The appeal for probabilistic models

Probabilitsic models of cognition is a truly great idea. It is the kind we need in AI in order to make tangible progress. Side note: because the content is not easily accessible, few people can appreciate how great the content is, and this is a bit sad.

Anyhow, these ideas are really great (If you haven’t read it: trust me. If you don’t want to, read it and convince yourselves). And I want to consider the question: how did we get down this path to begin with, and why is it a good path to go down to ?

In Theory-based Bayesian models of inductive learning and reasoning, Joshua B. Tenenbaum, Thomas L. Griffiths, and Charles Kemp explain:

Human cognition rests on a unique talent for extracting generalizable knowledge from a few specific examples. Consider how a child might first grasp the meaning of a common word, such as ‘horse’

They consider the general problem that Tenenbaum often refers to as How does the mind get so much from so little. A special case would be “one-shot learning” that they mention, but the problem goes beyond just that: we want to explain not just the one-shot learning cases, but all the machinery that makes it possible. How do you even get in a state where one-shot learning is possible ?

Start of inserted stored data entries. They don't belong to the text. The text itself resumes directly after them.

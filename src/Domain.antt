-- ===== src/Domain.antt =====
-- src/domain/: short links, their validation, request idempotency and the redirect analytics.
pub mod Validation
pub mod ShortLink
pub mod Idempotency
pub mod Analytics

Most previous accounts of inductive generalization represent one of two approaches. The first focuses on relatively domain-general, knowledge-independent statistical mechanisms of inference, based on similarity, association, correlation or other statistical metrics [1,4– 13]. This approach has led to successful mathematical models of human generalization in laboratory tasks, but fails to account for many important phenomena of learning and reasoning in complex, real-world domains, such as intuitive biology, intuitive physics or intuitive psychology. The second approach aims to capture more of the richness of human inference, by appealing to sophisticated domain-specific knowledge representations, or intuitive theories [14–20]. An intuitive theory may be thought of as a system of related concepts, together with a set of causal laws, structural constraints, or other explanatory principles, that guide inductive inference in a particular domain. However, theory-based approaches to induction have been notoriously difficult to formalize, particularly in terms that make quantitative predictions about behavior or can be understood in terms of rational statistical inference.

So we have two approaches, both traditionally viewed as opposites:

statistical: knowledge-independent, based on similarity, association, correlation.
intuitive theories: a system of related concepts, together with a set of causal laws.

They propose a kind of merger:

We will argue for an alternative approach, where structured knowledge and statistical inference cooperate rather than compete, allowing us to build on the insights of both traditions. We cast induction as a form of Bayesian statistical inference over structured probabilistic models of the world.

And this is great. Learning becomes some kind of probabilistic program induction, and inference a search in program input (and/or execution) space.

These models can be seen as probabilistic versions of intuitive theories [14,18,20] or schemas [21,22], capturing the knowledge about a domain that enables inductive generalization from sparse data

And this is why you should read Probabilitsic models of cognition is a truly great idea. In it, Noah D. Goodman and Joshua B. Tenenbaum go into very concrete details (execute-directly-into-your-browser concrete) about how those probabilistic models work.